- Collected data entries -
###

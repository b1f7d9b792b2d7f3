-- ===== src/Queue/History.antt =====
-- Histories of the message queue: any calls of the methods of lib/httpapi/queue.go that the server
-- makes while it runs, in any order. (`Restore` is called once, before the queue is used.)
use agentapi.Prelude.{
  ℕ, ◌≤◌, ◌≡◌, refl, Bool, List, [], ◌∷◌, Text, arith, count, nat_eq, ◌==◌, none, index_func,
  Option-cases, inl, inr, false,
}
use agentapi.Queue.{
  QueuedMessage, MessageQueue, changed, index, push, get, update, remove, reorder, failed, clear,
}
use agentapi.Queue.Pick.{ids_of}
use agentapi.Queue.Ids.{
  IsValid, push-IsValid, update-IsValid, remove-IsValid, reorder-IsValid, failed-IsValid,
  clear-IsValid, count-delete_at, ids_of-modify, count-reorder, last_id-reorder, count-append,
}

pub data Call : Type 0 where
  pushes : Text → ℕ → Bool → Call
  updates : ℕ → Text → Call
  removes : ℕ → Call
  reorders : List ℕ → Call
  fails : ℕ → Call
  clears : Call

unfoldable pub step : MessageQueue → Call → MessageQueue
step q (pushes content at front) = (push q content at front).0
step q (updates id content) = (update q id content).0
step q (removes id) = (remove q id).0
step q (reorders ids) = (reorder q ids).0
step q (fails id) = (failed q id).0
step q clears = clear q

unfoldable pub run : MessageQueue → List Call → MessageQueue
run q [] = q
run q (c ∷ cs) = run (step q c) cs

step-IsValid : (q : MessageQueue) (c : Call) → IsValid q → IsValid (step q c)
unfolding step
step-IsValid q (pushes content at front) v = push-IsValid q content at front v
step-IsValid q (updates id content) v = update-IsValid q id content v
step-IsValid q (removes id) v = remove-IsValid q id v
step-IsValid q (reorders ids) v = reorder-IsValid q ids v
step-IsValid q (fails id) v = failed-IsValid q id v
step-IsValid q clears v = clear-IsValid q

-- Any calls on a queue with distinct IDs, none above the last one given out, keep it so.
pub run-IsValid : (q : MessageQueue) (cs : List Call) → IsValid q → IsValid (run q cs)
unfolding run
run-IsValid q [] v = v
run-IsValid q (c ∷ cs) v = run-IsValid (step q c) cs (step-IsValid q c v)

-- An ID that was given out and is no longer queued.
abbrev pub IsGone : ℕ → MessageQueue → Type 0
IsGone a q = (a ≤ q.last_id) × (count a (ids_of q.messages) ≡ 0)

update-IsGone :
    (q : MessageQueue) (a id : ℕ) (content : Text) → IsGone a q → IsGone a (update q id content).0
unfolding update changed
update-IsGone q a id content g = elim (Option-cases (index q id)) [
  | inl e ↦ rw (e, update) g
  | inr (i, e) ↦ rw (e, update) (g.0, rw (ids_of-modify i content q.messages) g.1)
]

remove-IsGone : (q : MessageQueue) (a id : ℕ) → IsGone a q → IsGone a (remove q id).0
unfolding remove changed
remove-IsGone q a id g = elim (Option-cases (index q id)) [
  | inl e ↦ rw (e, remove) g
  | inr (i, e) ↦ rw (e, remove) (g.0, omega (arith, g.1, count-delete_at a i q.messages))
]

step-IsGone : (q : MessageQueue) (a : ℕ) (c : Call) → IsValid q → IsGone a q → IsGone a (step q c)
unfolding step
step-IsGone q a (pushes content at front) v g =
    unfold push changed in
    (omega (arith, g.0), ground (arith, g.1, count-append a q.messages (push q content at front).1))
step-IsGone q a (updates id content) v g = update-IsGone q a id content g
step-IsGone q a (removes id) v g = remove-IsGone q a id g
step-IsGone q a (reorders ids) v g =
    (rw (last_id-reorder q ids) g.0, rw (count-reorder q ids a v.distinct) g.1)
step-IsGone q a (fails id) v g = unfold failed in ground (arith, g)
step-IsGone q a clears v g = unfold clear changed in (g.0, refl)

run-IsGone :
    (q : MessageQueue) (a : ℕ) (cs : List Call) → IsValid q → IsGone a q → IsGone a (run q cs)
unfolding run
run-IsGone q a [] v g = g
run-IsGone q a (c ∷ cs) v g =
    run-IsGone (step q c) a cs (step-IsValid q c v) (step-IsGone q a c v g)

index-absent :
    (a : ℕ) (xs : List QueuedMessage)
    → count a (ids_of xs) ≡ 0
    → index_func (λ m. m.id == a) xs ≡ none
index-absent a [] h = refl
index-absent a (x ∷ xs) h = ground (arith, index-absent a xs)

-- In a queue with distinct IDs, none above the last one given out: an ID that was given out and is
-- no longer queued stays gone through any later calls. Get finds nothing by it, and Update and
-- Remove change nothing.
pub stale_id :
    (q : MessageQueue) (a : ℕ) (cs : List Call) (content : Text)
    → IsValid q
    → IsGone a q
    → (get (run q cs) a ≡ none)
      × (update (run q cs) a content ≡ (run q cs, false))
      × (remove (run q cs) a ≡ (run q cs, false))
unfolding get update remove
stale_id q a cs content v g =
    let e : index (run q cs) a ≡ none =
      index-absent a (run q cs).messages (run-IsGone q a cs v g).1 in
    (rw (e, get), rw (e, update), rw (e, remove))
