-- ===== src/Examples/Queue.antt =====
-- Examples of the theorems about the message queue of lib/httpapi/queue.go.
use agentapi.Prelude.{
  ℕ, ◌≡◌, refl, true, false, not, keep, is_some, [], ◌∷◌, map, none, ◌==◌, arith,
}
use agentapi.Queue.{pick, by_id_from, reorder, remove, update, get}
use agentapi.Queue.Pick.{ids_of, find_id, SameIds}
use agentapi.Queue.Order.{reorder_sound, reorder_complete}
use agentapi.Queue.Access.{remove_exact, update_exact, edited}
use agentapi.Queue.Ids.{IsValid}
use agentapi.Queue.History.{run, step, run-IsValid, stale_id, removes, pushes, IsGone}
use agentapi.Examples.{two_messages, two_messages-Distinct, two_messages-IsValid, fix_it}

swapped : (reorder two_messages (2 ∷ 1 ∷ [])).1 ≡ true
unfolding reorder pick by_id_from
swapped = refl

same_ids : SameIds (2 ∷ 1 ∷ []) (ids_of two_messages.messages)
same_ids a = ground arith

reorder_sound_example :
    SameIds (2 ∷ 1 ∷ []) (ids_of two_messages.messages)
    × (ids_of (reorder two_messages (2 ∷ 1 ∷ [])).0.messages ≡ 2 ∷ 1 ∷ [])
    × ((a : ℕ)
        → find_id a (reorder two_messages (2 ∷ 1 ∷ [])).0.messages
          ≡ find_id a two_messages.messages)
reorder_sound_example = reorder_sound two_messages (2 ∷ 1 ∷ []) two_messages-Distinct swapped

reorder_complete_example : (reorder two_messages (2 ∷ 1 ∷ [])).1 ≡ true
reorder_complete_example = reorder_complete two_messages (2 ∷ 1 ∷ []) two_messages-Distinct same_ids

remove_exact_example :
    ((remove two_messages 1).0.messages ≡ keep (λ m. not (m.id == 1)) two_messages.messages)
    × ((remove two_messages 1).1 ≡ is_some (find_id 1 two_messages.messages))
remove_exact_example = remove_exact two_messages 1 two_messages-Distinct

update_exact_example :
    ((update two_messages 2 fix_it).0.messages ≡ map (edited 2 fix_it) two_messages.messages)
    × ((update two_messages 2 fix_it).1 ≡ is_some (find_id 2 two_messages.messages))
update_exact_example = update_exact two_messages 2 fix_it two_messages-Distinct

run-IsValid_example : IsValid (run two_messages (removes 1 ∷ pushes fix_it 30 false ∷ []))
run-IsValid_example =
    run-IsValid two_messages (removes 1 ∷ pushes fix_it 30 false ∷ []) two_messages-IsValid

after_removal-IsGone : IsGone 1 (remove two_messages 1).0
unfolding remove
after_removal-IsGone = (ground arith, refl)

after_removal-IsValid : IsValid (remove two_messages 1).0
unfolding remove run step
after_removal-IsValid = run-IsValid two_messages (removes 1 ∷ []) two_messages-IsValid

stale_id_example :
    (get (run (remove two_messages 1).0 (pushes fix_it 30 true ∷ [])) 1 ≡ none)
    × (update (run (remove two_messages 1).0 (pushes fix_it 30 true ∷ [])) 1 fix_it
        ≡ (run (remove two_messages 1).0 (pushes fix_it 30 true ∷ []), false))
    × (remove (run (remove two_messages 1).0 (pushes fix_it 30 true ∷ [])) 1
        ≡ (run (remove two_messages 1).0 (pushes fix_it 30 true ∷ []), false))
stale_id_example =
    stale_id (remove two_messages 1).0 1 (pushes fix_it 30 true ∷ []) fix_it after_removal-IsValid
      after_removal-IsGone
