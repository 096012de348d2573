-- ===== src/Dict/Distinct.antt =====
-- Dictionaries in which no key stands twice.
use circle_core.Prelude.{
  ℕ, zero, suc, String, ◌≡◌, ◌≢◌, refl, Bool, none, some, [], ◌∷◌, arith, str_eq, eq_iff, All,
  keep_if, take, Bool-cases, inl, inr,
}
use circle_core.Dict.{Dict, lookup, insert, erase}

module _ {ℓ} {V : Type ℓ} where
  -- No entry has the key.
  abbrev pub Lacks : String → Dict V → Type ℓ
  Lacks k [] = Unit
  Lacks k ((j, v) ∷ m) = (j ≢ k) × Lacks k m

  abbrev pub Distinct : Dict V → Type ℓ
  Distinct [] = Unit
  Distinct ((k, v) ∷ m) = Lacks k m × Distinct m

  pub lookup-Lacks : (k : String) (m : Dict V) → Lacks k m → lookup k m ≡ none
  unfolding lookup
  lookup-Lacks k [] h = refl
  lookup-Lacks k ((j, v) ∷ m) h = ground (arith, eq_iff j k, lookup-Lacks k m h.1)

  insert-Lacks : (k j : String) (v : V) (m : Dict V) → j ≢ k → Lacks k m → Lacks k (insert j v m)
  unfolding insert
  insert-Lacks k j v [] n h = (n, tt)
  insert-Lacks k j v ((i, w) ∷ m) n h = elim (Bool-cases (str_eq i j)) [
    | inl e ↦ rw e (n, h.1)
    | inr e ↦ rw e (h.0, insert-Lacks k j v m n h.1)
  ]

  pub insert-Distinct : (j : String) (v : V) (m : Dict V) → Distinct m → Distinct (insert j v m)
  unfolding insert
  insert-Distinct j v [] h = (tt, tt)
  insert-Distinct j v ((i, w) ∷ m) h = elim (Bool-cases (str_eq i j)) [
    | inl e ↦ rw e (rw ((eq_iff i j).0 e) at h)
    | inr e ↦
        rw e (insert-Lacks i j v m (λ p. ground (arith, eq_iff i j)) h.0, insert-Distinct j v m h.1)
  ]

  erase-Lacks : (k j : String) (m : Dict V) → Lacks k m → Lacks k (erase j m)
  unfolding erase
  erase-Lacks k j [] h = tt
  erase-Lacks k j ((i, w) ∷ m) h = elim (Bool-cases (str_eq i j)) [
    | inl e ↦ rw e (erase-Lacks k j m h.1)
    | inr e ↦ rw e (h.0, erase-Lacks k j m h.1)
  ]

  pub erase-Distinct : (j : String) (m : Dict V) → Distinct m → Distinct (erase j m)
  unfolding erase
  erase-Distinct j [] h = tt
  erase-Distinct j ((i, w) ∷ m) h = elim (Bool-cases (str_eq i j)) [
    | inl e ↦ rw e (erase-Distinct j m h.1)
    | inr e ↦ rw e (erase-Lacks i j m h.0, erase-Distinct j m h.1)
  ]

  keep_if-Lacks :
      (k : String) (p : String × V → Bool) (m : Dict V) → Lacks k m → Lacks k (keep_if p m)
  keep_if-Lacks k p [] h = tt
  keep_if-Lacks k p ((i, w) ∷ m) h = elim (Bool-cases (p (i, w))) [
    | inl e ↦ rw e (h.0, keep_if-Lacks k p m h.1)
    | inr e ↦ rw e (keep_if-Lacks k p m h.1)
  ]

  pub keep_if-Distinct : (p : String × V → Bool) (m : Dict V) → Distinct m → Distinct (keep_if p m)
  keep_if-Distinct p [] h = tt
  keep_if-Distinct p ((i, w) ∷ m) h = elim (Bool-cases (p (i, w))) [
    | inl e ↦ rw e (keep_if-Lacks i p m h.0, keep_if-Distinct p m h.1)
    | inr e ↦ rw e (keep_if-Distinct p m h.1)
  ]

  take-Lacks : (k : String) (n : ℕ) (m : Dict V) → Lacks k m → Lacks k (take n m)
  take-Lacks k zero m h = tt
  take-Lacks k (suc n) [] h = tt
  take-Lacks k (suc n) ((i, w) ∷ m) h = (h.0, take-Lacks k n m h.1)

  pub take-Distinct : (n : ℕ) (m : Dict V) → Distinct m → Distinct (take n m)
  take-Distinct zero m h = tt
  take-Distinct (suc n) [] h = tt
  take-Distinct (suc n) ((i, w) ∷ m) h = (take-Lacks i n m h.0, take-Distinct n m h.1)

  -- Every entry is found under its key.
  abbrev pub Found : Dict V → String × V → Type ℓ
  Found m e = lookup e.0 m ≡ some e.1

  Found-cons :
      (k : String) (v : V) (m rest : Dict V)
      → Lacks k rest
      → All (Found m) rest
      → All (Found ((k, v) ∷ m)) rest
  unfolding lookup
  Found-cons k v m [] l h = tt
  Found-cons k v m ((j, w) ∷ rest) l h = (ground (arith, eq_iff k j), Found-cons k v m rest l.1 h.1)

  pub Distinct-Found : (m : Dict V) → Distinct m → All (Found m) m
  unfolding lookup
  Distinct-Found [] h = tt
  Distinct-Found ((k, v) ∷ m) h =
      (ground (arith, eq_iff k k), Found-cons k v m m h.0 (Distinct-Found m h.1))
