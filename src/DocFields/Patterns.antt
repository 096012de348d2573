-- ===== src/DocFields/Patterns.antt =====
-- The regular expressions of app/services/doc_fields.py. Each is a fixed row of character classes
-- between word boundaries, or a literal between non-word characters, so a search is a scan.
use circle_core.Prelude.{
  ℕ, Bool, true, false, ◌&&◌, ◌||◌, not, Option, none, some, List, [], ◌∷◌, leb, ◌==◌,
  if◌then◌else◌,
}
use circle_core.Text.{Text, DigitTable, is_digit, is_empty}

-- What Python knows of characters: digits, `\w`, the case that IGNORECASE ignores, and the case
-- maps of `str`.
pub record Chars : Type 0 where
  pub digits : DigitTable
  pub word : ℕ → Bool
  pub fold : ℕ → ℕ
  pub lower : Text → Text
  pub upper : Text → Text
  pub casefold : Text → Text

abbrev pub Class : Type 0
Class = ℕ → Bool

differ : Bool → Bool → Bool
differ true b = not b
differ false b = b

word_at : Chars → Option ℕ → Bool
word_at t none = false
word_at t (some c) = t.word c

next_of : Text → Option ℕ
next_of [] = none
next_of (c ∷ s) = some c

-- A row of classes and a word boundary behind it: the characters matched.
match_row : Chars → Option ℕ → List Class → Text → Option Text
unfolding differ word_at next_of
match_row t prev [] s = if differ (word_at t prev) (word_at t (next_of s)) then some [] else none
match_row t prev (p ∷ ps) [] = none
match_row t prev (p ∷ ps) (c ∷ s) = elim (match_row t (some c) ps s) [
  | none ↦ none
  | some m ↦ if p c then some (c ∷ m) else none
]

-- The alternatives in turn.
match_rows : Chars → List (List Class) → Text → Option Text
unfolding match_row
match_rows t [] s = none
match_rows t (r ∷ rs) s = elim (match_row t none r s) [ none ↦ match_rows t rs s | some m ↦ some m ]

-- `_first`: the first match of `\b(...)\b`, empty if there is none.
search_from : Chars → List (List Class) → Option ℕ → Text → Text
unfolding match_rows
search_from t rows prev [] = []
search_from t rows prev (c ∷ s) =
    elim (if differ (word_at t prev) (t.word c) then match_rows t rows (c ∷ s) else none) [
      | none ↦ search_from t rows (some c) s
      | some m ↦ m
    ]

unfoldable pub first : Chars → List (List Class) → Text → Text
unfolding search_from
first t rows s = search_from t rows none s

abbrev between : ℕ → ℕ → Class
between lo hi c = leb lo c && leb c hi

abbrev is_char : ℕ → Class
is_char d c = c == d

module _ (t : Chars) where
  abbrev digit : Class
  digit = is_digit t.digits

  abbrev capital : Class
  capital = between b'A' b'Z'

  abbrev figure : Class
  figure = between b'0' b'9'

  -- `[A-Z]{5}[0-9]{4}[A-Z]`
  abbrev pub pan_re : List (List Class)
  pan_re =
      (capital ∷ capital ∷ capital ∷ capital ∷ capital ∷ figure ∷ figure ∷ figure ∷ figure ∷ capital
        ∷ [])
      ∷ []

  -- `[1-9]\d{5}`
  abbrev pub pincode_re : List (List Class)
  pincode_re = (between b'1' b'9' ∷ digit ∷ digit ∷ digit ∷ digit ∷ digit ∷ []) ∷ []

  abbrev slash : Class
  slash c = (c == b'/') || (c == b'-')

  -- `\d{2}[/-]\d{2}[/-]\d{4}`
  abbrev pub dob_re : List (List Class)
  dob_re = (digit ∷ digit ∷ slash ∷ digit ∷ digit ∷ slash ∷ digit ∷ digit ∷ digit ∷ digit ∷ []) ∷ []

  -- `19[5-9]\d|20[0-4]\d`
  abbrev pub year_re : List (List Class)
  year_re =
      (is_char b'1' ∷ is_char b'9' ∷ between b'5' b'9' ∷ digit ∷ [])
      ∷ (is_char b'2' ∷ is_char b'0' ∷ between b'0' b'4' ∷ digit ∷ [])
      ∷ []

  -- A literal read from the front, case ignored, and not followed by a word character.
  literal_here : Text → Text → Bool
  unfolding word_at next_of
  literal_here [] s = not (word_at t (next_of s))
  literal_here (l ∷ ls) [] = false
  literal_here (l ∷ ls) (c ∷ s) = (t.fold l == t.fold c) && literal_here ls s

  -- `(?<!\w)literal(?!\w)` with IGNORECASE: `re.search(...) is not None`.
  search_literal : Option ℕ → Text → Text → Bool
  unfolding literal_here word_at
  search_literal prev literal [] = not (word_at t prev) && literal_here literal []
  search_literal prev literal (c ∷ s) =
      (not (word_at t prev) && literal_here literal (c ∷ s)) || search_literal (some c) literal s

  unfoldable pub has_word : Text → Text → Bool
  unfolding search_literal
  has_word literal s = search_literal none literal s

-- `_NAME_TOKEN_RE.fullmatch`: `[A-Za-z][A-Za-z.'-]+`
letter : Class
letter c = between b'A' b'Z' c || between b'a' b'z' c

name_rest : Text → Bool
unfolding letter
name_rest [] = true
name_rest (c ∷ s) = (letter c || (c == b'.') || (c == 39) || (c == b'-')) && name_rest s

unfoldable pub is_name_token : Text → Bool
unfolding name_rest
is_name_token [] = false
is_name_token (c ∷ s) = letter c && (not (is_empty s) && name_rest s)
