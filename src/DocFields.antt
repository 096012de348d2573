-- ===== src/DocFields.antt =====
-- app/services/doc_fields.py: structured fields out of the text that OCR read from a joining
-- document. A missing text (`None`) is the empty text, as `text or ""` makes it.
mod Patterns
pub mod Verhoeff
pub mod Extract
pub mod Aadhaar
pub mod Extractors
mod Examples
use mathlib.Core.List.{reverse}
use circle_core.Prelude.{
  ℕ, zero, suc, ◌+◌, ◌-◌, ◌*◌, Bool, true, false, ◌&&◌, ◌||◌, not, String, Option, none, some, List,
  [], ◌∷◌, ◌++◌, map, leb, ◌==◌, if◌then◌else◌, length, take, drop, replicate, any, keep_if,
}
use circle_core.Dict.{Dict}
use circle_core.Text.{
  Text, codes, strip, is_space, text_eq, is_empty, is_digit, digits_of, digit_value, DigitTable,
}
use circle_core.Text.Ops.{contains, is_line_end, split_at, strip_all, after_colon, join}
use circle_core.DocFields.Patterns.{
  Chars, first, pan_re, pincode_re, dob_re, year_re, has_word, is_name_token,
}
use circle_core.DocFields.Verhoeff.{checksum_from}

pub record FieldResult : Type 0 where
  pub fields : Dict Text
  pub warnings : List Text
  pub validated : Bool
  pub validated_fields : List String

-- `digits[0] in ("0", "1")`
invalid_first : Text → Bool
invalid_first [] = false
invalid_first (c ∷ s) = (c == b'0') || (c == b'1')

pub is_valid_aadhaar : DigitTable → Text → Bool
unfolding invalid_first
is_valid_aadhaar t number =
    let digits = digits_of t number in
    if not (length digits == 12)
    then false
    else if invalid_first digits
    then false
    else checksum_from 0 0 (map (digit_value t) (reverse digits)) == 0

-- `digits[-4:]` of a text of at least four characters
last_four : Text → Text
last_four s = drop (length s - 4) s

pub mask_aadhaar : DigitTable → Text → Text
unfolding last_four
mask_aadhaar t number =
    let digits = digits_of t number in
    if not (length digits == 12) then [] else replicate 8 b'X' ++ last_four digits

-- `_lines`
pub lines : Text → List Text
lines s = strip_all (split_at is_line_end s)

-- `_labelled_value`: on the label's line after a colon, or else the next line.
pub labelled_value : Chars → List Text → Text → Text
labelled_value t [] label = []
labelled_value t (line ∷ ls) label =
    let later = labelled_value t ls label in
    if contains label (t.lower line)
    then (if not (is_empty (strip (after_colon line)))
        then strip (after_colon line)
        else elim ls [ [] ↦ [] | next ∷ more ↦ next ])
    else later

-- `_clean_name`
clean_name : Text → Text
clean_name line =
    let tokens = keep_if is_name_token (strip_all (split_at is_space line)) in
    if leb 2 (length tokens) then join (codes " ") tokens else []

-- `_name_above_dob`: the line above the first one, not counting the top one, that has a date.
name_above_dob : Chars → List Text → Text
unfolding clean_name
name_above_dob t [] = []
name_above_dob t (above ∷ []) = []
name_above_dob t (above ∷ line ∷ ls) =
    let later = name_above_dob t (line ∷ ls) in
    if is_empty (first t (dob_re t) line) then later else clean_name above

-- `_GENDER_PATTERNS`, the two in Devanagari by their code points.
abbrev stri : Text
stri = 0x938 ∷ 0x94d ∷ 0x924 ∷ 0x94d ∷ 0x930 ∷ 0x940 ∷ []

abbrev purush : Text
purush = 0x92a ∷ 0x941 ∷ 0x930 ∷ 0x941 ∷ 0x937 ∷ []

pub find_gender : Chars → Text → Text
find_gender t text =
    if has_word t (codes "FEMALE") text
    then codes "Female"
    else if has_word t (codes "TRANSGENDER") text
    then codes "Other"
    else if has_word t (codes "MALE") text
    then codes "Male"
    else if contains stri text
    then codes "Female"
    else if contains purush text
    then codes "Male"
    else []

-- `[\d \t-]`: the characters of a run besides digits
is_separator : ℕ → Bool
is_separator c = (c == 32) || (c == 9) || (c == b'-')

-- The digits of each match of `\d[\d \t-]*\d`: of each longest stretch of digits and separators
-- that has at least two digits.
close_run : Text → List Text → List Text
close_run run rest = if leb 2 (length run) then run ∷ rest else rest

digit_runs : DigitTable → Text → Text → List Text
unfolding close_run is_separator
digit_runs t run [] = close_run run []
digit_runs t run (c ∷ s) =
    let longer = digit_runs t (run ++ c ∷ []) s in
    let same = digit_runs t run s in
    let next = digit_runs t [] s in
    if is_digit t c then longer else if is_separator c then same else close_run run next

-- The runs of twelve digits.
pub aadhaar_candidates : DigitTable → Text → List Text
unfolding digit_runs
aadhaar_candidates t text = keep_if (λ run. length run == 12) (digit_runs t [] text)

-- The first candidate that the checksum accepts, or else the first one.
choose_candidate : DigitTable → Text → List Text → Text
choose_candidate t fallback [] = fallback
choose_candidate t fallback (digits ∷ more) =
    let rest = choose_candidate t fallback more in
    if is_valid_aadhaar t digits then digits else rest

pub first_candidate : List Text → Text
first_candidate [] = []
first_candidate (digits ∷ more) = digits

pub find_aadhaar_candidate : DigitTable → Text → Text
unfolding choose_candidate first_candidate
find_aadhaar_candidate t text =
    choose_candidate t (first_candidate (aadhaar_candidates t text)) (aadhaar_candidates t text)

###

- EXERCISE DESCRIPTION -
Return each full line of the entries that contains the word "nothing".

- RESULT OF THE EXERCISE -
-- no longer queued stays gone through any later calls. Get finds nothing by it, and Update and
-- Remove change nothing.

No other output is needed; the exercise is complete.